Two good aires at Annecy and we found it very relaxing.

Lots of walking and not that touristy unless you went looking for it.

But we all have different needs.

We also took the bus in to Geneva and walked around some of the lake. Sadly the tunnel was still closed so we could not do the loop.


----------



## 281192ben (Feb 25, 2011)

I think annecy is one of the most beautiful places in France , we stopped at the far end of the Lake at Camping La Nubliere , can recommend this site .


----------



## 91502 (May 1, 2005)

We love peace and quiet and views but also at the right time and place busy is good.
We stayed n the Aire just out of the town twice, go across the road to picnic in the lakeside gardens and the views are excellent.
A short stroll into town which can be busy with tourists but it has a lovely feel very cosmopolitan. 
Good public transport all around to quieter areas if you want and an excellent cycle way along the lake road busy with joggers,bikes, scooters and skaters. 
It's not like being in the middle of nowhere up the Alps but an experience we would love to do again tomorrow.

James


----------



## Vinney (Feb 23, 2010)

Annecy I can recommend. It really depends what you are looking for. Touristy yes but also wilderness experience if you make the effort and everything in between. We use annecy as launching bad for summer trip for the past number of years and also this years. 
Can't comment on Pyrenees location I have not been there yet!!
Enjoy where ever you go. 
V


----------



## barryd (May 9, 2008)

Tough one really. Both I would say (for us) are well up the top 10 of places to visit in France.
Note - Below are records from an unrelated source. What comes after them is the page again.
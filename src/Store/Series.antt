-- ===== src/Store/Series.antt =====
-- store.py: `series`, the buckets of one minute that the dashboard draws.
use aws_ops_monitor.Prelude.{
  ℕ, ◌+◌, ◌-◌, String, Bool, ◌&&◌, Option, none, some, List, [], ◌∷◌, any, drop, length, Result, ok,
  err, value_error, other_error, ◌>>=◌, ltb, leb, ◌==◌, str_eq, if◌then◌else◌,
}
use aws_ops_monitor.Prelude.Int.{ℤ, pos, pos_part, neg_part}
use aws_ops_monitor.Prelude.Sorting.{sort_by}
use aws_ops_monitor.Models
use aws_ops_monitor.Models.{Scalar}
use aws_ops_monitor.Store.{Tables}
use aws_ops_monitor.Store.SeriesRows.{
  Reader, SeriesRow, series_rows, Cell, cell_of, bucket_of, host_rx, host_tx, xray_traffic,
}

-- a point of the chart; a field that was not set is `none`
pub record Point : Type 0 where
  pub timestamp : ℕ
  pub host_rx_bytes : Option ℕ
  pub host_tx_bytes : Option ℕ
  pub xray_up_bytes : Option ℕ
  pub xray_down_bytes : Option ℕ

abbrev pub empty_point : ℕ → Point
empty_point bucket = record {
  timestamp = bucket;
  host_rx_bytes = none;
  host_tx_bytes = none;
  xray_up_bytes = none;
  xray_down_bytes = none;
}

-- `buckets.setdefault(bucket, {"timestamp": bucket})`, and what is done to it
unfoldable pub at_bucket : ℕ → (Point → Point) → List Point → List Point
at_bucket bucket change [] = change (empty_point bucket) ∷ []
at_bucket bucket change (p ∷ points) =
    if p.timestamp == bucket then change p ∷ points else p ∷ at_bucket bucket change points

abbrev pub added : Option ℕ → ℕ → Option ℕ
added none delta = some delta
added (some n) delta = some (n + delta)

abbrev pub add_rx : ℕ → Point → Point
add_rx delta p = record p { host_rx_bytes = added p.host_rx_bytes delta }

abbrev pub add_tx : ℕ → Point → Point
add_tx delta p = record p { host_tx_bytes = added p.host_tx_bytes delta }

-- an entry of `xray_buckets`
pub record XrayPoint : Type 0 where
  pub scope : String
  pub bucket : ℕ
  pub uplink : ℕ
  pub downlink : ℕ

abbrev pub add_direction : String → ℕ → XrayPoint → XrayPoint
add_direction direction delta x =
    if str_eq direction "uplink"
    then record x { uplink = x.uplink + delta }
    else record x { downlink = x.downlink + delta }

unfoldable pub add_xray : String → ℕ → String → ℕ → List XrayPoint → List XrayPoint
add_xray scope bucket direction delta [] =
    add_direction direction delta
      (record { scope = scope; bucket = bucket; uplink = 0; downlink = 0 })
    ∷ []
add_xray scope bucket direction delta (x ∷ xs) =
    if str_eq x.scope scope && (x.bucket == bucket)
    then add_direction direction delta x ∷ xs
    else x ∷ add_xray scope bucket direction delta xs

-- `buckets` and `xray_buckets`
abbrev pub Buckets : Type 0
Buckets = List Point × List XrayPoint

unfoldable pub add_cell : Option Cell → ℕ → ℕ → Buckets → Buckets
unfolding at_bucket add_xray
add_cell none bucket delta buckets = buckets
add_cell (some host_rx) bucket delta (points, xs) = (at_bucket bucket (add_rx delta) points, xs)
add_cell (some host_tx) bucket delta (points, xs) = (at_bucket bucket (add_tx delta) points, xs)
add_cell (some (xray_traffic scope direction)) bucket delta (points, xs) =
    (points, add_xray scope bucket direction delta xs)

-- the loop over the rows
unfoldable pub fill : Reader → List SeriesRow → Buckets → Buckets
unfolding add_cell cell_of
fill reader [] buckets = buckets
fill reader (r ∷ rows) buckets =
    fill reader rows (add_cell (cell_of reader r) (bucket_of r) r.delta buckets)

abbrev pub has_scope : String → List XrayPoint → Bool
has_scope scope = any (λ x. str_eq x.scope scope)

-- `_preferred_xray_scope`, of the scopes that have an entry
abbrev pub preferred_xray_scope : List XrayPoint → Option String
preferred_xray_scope xs =
    if has_scope "user" xs
    then some "user"
    else if has_scope "inbound" xs
    then some "inbound"
    else if has_scope "outbound" xs
    then some "outbound"
    else none

abbrev pub set_xray : XrayPoint → Point → Point
set_xray x p = record p { xray_up_bytes = some x.uplink; xray_down_bytes = some x.downlink }

unfoldable pub merge_xray : String → List XrayPoint → List Point → List Point
unfolding at_bucket
merge_xray scope [] points = points
merge_xray scope (x ∷ xs) points =
    let changed = merge_xray scope xs (at_bucket x.bucket (set_xray x) points) in
    let same = merge_xray scope xs points in if str_eq x.scope scope then changed else same

unfoldable pub merged : Option String → Buckets → List Point
unfolding merge_xray
merged none (points, xs) = points
merged (some scope) (points, xs) = merge_xray scope xs points

unfoldable pub series_points : Reader → List SeriesRow → List Point
unfolding fill sort_by merged
series_points reader rows =
    let buckets = fill reader rows ([], []) in
    sort_by (λ p. p.timestamp) (merged (preferred_xray_scope buckets.1) buckets)

-- the tests on `since_unix` and `limit`
abbrev pub since_of : Scalar → Result ℤ
since_of (Models.int z) = ok z
since_of _ = err (value_error "since_unix must be an integer Unix timestamp")

abbrev pub limit_of : Scalar → Result ℕ
limit_of (Models.int (pos n)) =
    if leb 1 n && leb n 10000 then ok n else err (value_error "limit must be between 1 and 10000")
limit_of _ = err (value_error "limit must be between 1 and 10000")

-- The query takes integers of 64 bits, and others raise an `OverflowError`. A time before 1970 selects
-- every row, as 0 does.
abbrev pub bound_time : ℤ → Result ℕ
bound_time z =
    if ltb (pos_part z) 9223372036854775808 && leb (neg_part z) 9223372036854775808
    then ok (pos_part z)
    else err other_error

-- `points[-limit:]`
abbrev pub last_points : ℕ → List Point → List Point
last_points limit points = drop (length points - limit) points

unfoldable pub series : Reader → Tables → Scalar → Scalar → Result (List Point)
unfolding series_rows series_points
series reader db since_unix limit = do
  given ← since_of since_unix
  n ← limit_of limit
  since ← bound_time given
  ok (last_points n (series_points reader (series_rows since db)))
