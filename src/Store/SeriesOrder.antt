-- ===== src/Store/SeriesOrder.antt =====
-- store.py: the points of `series` ascend, and are at most as many as were asked for.
use mathlib.Core.Path.{subst}
use aws_ops_monitor.Prelude.{
  ℕ, zero, suc, ◌-◌, ◌≤◌, ◌<◌, ◌≡◌, refl, sym, inl, inr, String, false, Option, none, some, List,
  [], ◌∷◌, All, drop, length, length-drop, leb, ◌==◌, arith, Bool-cases, str_eq, ok, bind-ok,
}
use aws_ops_monitor.Prelude.Int.{pos, negsuc}
use aws_ops_monitor.Prelude.Sorting.{sort_by, insert_by}
use aws_ops_monitor.Models
use aws_ops_monitor.Models.{Scalar}
use aws_ops_monitor.Store.{Tables}
use aws_ops_monitor.Store.SeriesRows.{
  Reader, SeriesRow, Cell, host_rx, host_tx, xray_traffic, cell_of, bucket_of, series_rows,
}
use aws_ops_monitor.Store.Series.{
  Point, empty_point, at_bucket, add_rx, add_tx, XrayPoint, Buckets, add_cell, fill,
  preferred_xray_scope, set_xray, merge_xray, merged, series_points, since_of, limit_of, bound_time,
  last_points, series,
}

-- none of the points is of this time
abbrev Avoids : ℕ → List Point → Type 0
Avoids t points = All (λ q. (q.timestamp == t) ≡ false) points

abbrev UniqueTimes : List Point → Type 0
UniqueTimes [] = Unit
UniqueTimes (p ∷ points) = Avoids p.timestamp points × UniqueTimes points

-- Each point is of an earlier time than the next.
abbrev pub Ascending : List Point → Type 0
Ascending [] = Unit
Ascending (p ∷ points) = All (λ q. p.timestamp < q.timestamp) points × Ascending points

-- a change that leaves the time of a point
abbrev KeepsTime : (Point → Point) → Type 0
KeepsTime change = (p : Point) → (change p).timestamp ≡ p.timestamp

at_bucket-Avoids :
    (t bucket : ℕ) (change : Point → Point) (points : List Point)
    → KeepsTime change
    → (bucket == t) ≡ false
    → Avoids t points
    → Avoids t (at_bucket bucket change points)
unfolding at_bucket
at_bucket-Avoids t bucket change [] keeps other hs = (rw (keeps (empty_point bucket)) other, tt)
at_bucket-Avoids t bucket change (p ∷ points) keeps other (here, rest) =
    elim (Bool-cases (p.timestamp == bucket)) [
      | inl e ↦ rw e (rw (keeps p) here, rest)
      | inr e ↦ rw e (here, at_bucket-Avoids t bucket change points keeps other rest)
    ]

at_bucket-UniqueTimes :
    (bucket : ℕ) (change : Point → Point) (points : List Point)
    → KeepsTime change
    → UniqueTimes points
    → UniqueTimes (at_bucket bucket change points)
unfolding at_bucket
at_bucket-UniqueTimes bucket change [] keeps h = (tt, tt)
at_bucket-UniqueTimes bucket change (p ∷ points) keeps (apart, rest) =
    elim (Bool-cases (p.timestamp == bucket)) [
      | inl e ↦ rw e (subst (λ t. Avoids t points) (sym (keeps p)) apart, rest)
      | inr e ↦ rw e (
        at_bucket-Avoids p.timestamp bucket change points keeps (ground (arith, e)) apart,
        at_bucket-UniqueTimes bucket change points keeps rest,
      )
    ]

add_cell-UniqueTimes :
    (cell : Option Cell) (bucket delta : ℕ) (buckets : Buckets)
    → UniqueTimes buckets.0
    → UniqueTimes (add_cell cell bucket delta buckets).0
unfolding add_cell
add_cell-UniqueTimes none bucket delta (points, xs) h = h
add_cell-UniqueTimes (some host_rx) bucket delta (points, xs) h =
    at_bucket-UniqueTimes bucket (add_rx delta) points (λ p. refl) h
add_cell-UniqueTimes (some host_tx) bucket delta (points, xs) h =
    at_bucket-UniqueTimes bucket (add_tx delta) points (λ p. refl) h
add_cell-UniqueTimes (some (xray_traffic s d)) bucket delta (points, xs) h = h

fill-UniqueTimes :
    (reader : Reader) (rows : List SeriesRow) (buckets : Buckets)
    → UniqueTimes buckets.0
    → UniqueTimes (fill reader rows buckets).0
unfolding fill
fill-UniqueTimes reader [] buckets h = h
fill-UniqueTimes reader (r ∷ rows) buckets h =
    fill-UniqueTimes reader rows (add_cell (cell_of reader r) (bucket_of r) r.delta buckets)
      (add_cell-UniqueTimes (cell_of reader r) (bucket_of r) r.delta buckets h)

merge_xray-UniqueTimes :
    (scope : String) (xs : List XrayPoint) (points : List Point)
    → UniqueTimes points
    → UniqueTimes (merge_xray scope xs points)
unfolding merge_xray
merge_xray-UniqueTimes scope [] points h = h
merge_xray-UniqueTimes scope (x ∷ xs) points h = elim (Bool-cases (str_eq x.scope scope)) [
  | inl e ↦ rw e (
      merge_xray-UniqueTimes scope xs (at_bucket x.bucket (set_xray x) points)
        (at_bucket-UniqueTimes x.bucket (set_xray x) points (λ p. refl) h))
  | inr e ↦ rw e (merge_xray-UniqueTimes scope xs points h)
]

merged-UniqueTimes :
    (scope : Option String) (buckets : Buckets)
    → UniqueTimes buckets.0
    → UniqueTimes (merged scope buckets)
unfolding merged
merged-UniqueTimes none (points, xs) h = h
merged-UniqueTimes (some scope) (points, xs) h = merge_xray-UniqueTimes scope xs points h

insert_by-All {κ} :
    (P : Point → Type κ) (p : Point) (points : List Point)
    → P p
    → All P points
    → All P (insert_by (λ q. q.timestamp) p points)
unfolding insert_by
insert_by-All P p [] h hs = (h, tt)
insert_by-All P p (x ∷ xs) h (here, rest) = elim (Bool-cases (leb p.timestamp x.timestamp)) [
  | inl e ↦ rw e (h, (here, rest))
  | inr e ↦ rw e (here, insert_by-All P p xs h rest)
]

sort_by-All {κ} :
    (P : Point → Type κ) (points : List Point)
    → All P points
    → All P (sort_by (λ q. q.timestamp) points)
unfolding sort_by
sort_by-All P [] hs = tt
sort_by-All P (p ∷ points) (here, rest) =
    insert_by-All P p (sort_by (λ q. q.timestamp) points) here (sort_by-All P points rest)

later_than :
    (p x : Point) (xs : List Point)
    → p.timestamp < x.timestamp
    → All (λ q. x.timestamp < q.timestamp) xs
    → All (λ q. p.timestamp < q.timestamp) xs
later_than p x [] h hs = tt
later_than p x (y ∷ ys) h (here, rest) = (omega (arith, h, here), later_than p x ys h rest)

insert_by-Ascending :
    (p : Point) (points : List Point)
    → Avoids p.timestamp points
    → Ascending points
    → Ascending (insert_by (λ q. q.timestamp) p points)
unfolding insert_by
insert_by-Ascending p [] apart h = (tt, tt)
insert_by-Ascending p (x ∷ xs) (other, apart) (later, rest) =
    elim (Bool-cases (leb p.timestamp x.timestamp)) [
      | inl e ↦
          let before : p.timestamp < x.timestamp = ground (arith, e, other) in
          rw e ((before, later_than p x xs before later), (later, rest))
      | inr e ↦ rw e (
        insert_by-All (λ q. x.timestamp < q.timestamp) p xs (ground (arith, e)) later,
        insert_by-Ascending p xs apart rest,
      )
    ]

sort_by-Ascending :
    (points : List Point) → UniqueTimes points → Ascending (sort_by (λ q. q.timestamp) points)
unfolding sort_by
sort_by-Ascending [] h = tt
sort_by-Ascending (p ∷ points) (apart, rest) =
    insert_by-Ascending p (sort_by (λ q. q.timestamp) points)
      (sort_by-All (λ q. (q.timestamp == p.timestamp) ≡ false) points apart)
      (sort_by-Ascending points rest)

series_points-Ascending :
    (reader : Reader) (rows : List SeriesRow) → Ascending (series_points reader rows)
unfolding series_points
series_points-Ascending reader rows =
    let buckets = fill reader rows ([], []) in
    sort_by-Ascending (merged (preferred_xray_scope buckets.1) buckets) (
      merged-UniqueTimes (preferred_xray_scope buckets.1) buckets
        (fill-UniqueTimes reader rows ([], []) tt))

drop-Ascending : (n : ℕ) (points : List Point) → Ascending points → Ascending (drop n points)
drop-Ascending zero points h = h
drop-Ascending (suc n) [] h = tt
drop-Ascending (suc n) (p ∷ points) (_, rest) = drop-Ascending n points rest

limit_of-ok :
    (limit : Scalar) (n : ℕ)
    → limit_of limit ≡ ok n
    → (limit ≡ Models.int (pos n)) × (1 ≤ n) × (n ≤ 10000)
limit_of-ok (Models.int (pos m)) n h = ground (arith, h)
limit_of-ok (Models.int (negsuc m)) n h = cc h
limit_of-ok (Models.text s) n h = cc h
limit_of-ok (Models.float x) n h = cc h
limit_of-ok (Models.bool b) n h = cc h
limit_of-ok Models.null n h = cc h

-- Where `series` returns, the limit is an integer from 1 to 10000, the points are at most as many, and
-- each is of an earlier time than the next; so no two are of one bucket.
pub series-Ascending :
    (reader : Reader) (db : Tables) (since_unix limit : Scalar) (points : List Point)
    → series reader db since_unix limit ≡ ok points
    → (n : ℕ) × (limit ≡ Models.int (pos n))
      × (1 ≤ n)
      × (n ≤ 10000)
      × (length points ≤ n)
      × Ascending points
unfolding series
series-Ascending reader db since_unix limit points h =
    let (z, _, rest) = bind-ok (since_of since_unix) _ h in
    let (n, limited, bound) = bind-ok (limit_of limit) _ rest in
    let (since, _, last) = bind-ok (bound_time z) _ bound in
    let (given, low, high) = limit_of-ok limit n limited in
    let all = series_points reader (series_rows since db) in
    let same : last_points n all ≡ points = cc last in
    (
      n,
      given,
      low,
      high,
      subst (λ ps. length ps ≤ n) same (omega (arith, length-drop (length all - n) all)),
      subst Ascending same (
          drop-Ascending (length all - n) all
            (series_points-Ascending reader (series_rows since db))),
    )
It also depends on when your going as you dont say. We visited Gavarnie in late April 2010 (on our blog) and practically had the place to ourselves. I will never forget the vista you get as you drive up and we had the top Aire which is a good mile up the hill from the village and the Cirque all to ourselves. There was still people skiing in the area but it was 25 degrees and sunny down at the Aire. 

Marmots everywhere and the ride up on the bike to the top to the ski resort was superb as the little furry things were running out in front of us.

The stars that night on our first night were just amazing.

As senery goes its right up there as some of the best in Europe. We did the whole length from the med around Perpignon along the French side of the Pyrenees to Biarritz on the Atlantic. Took about 3 weeks. We also liked Cauterets. Two good Aires and the cable car that goes up to the top is a fantastic treat and goes right through the town.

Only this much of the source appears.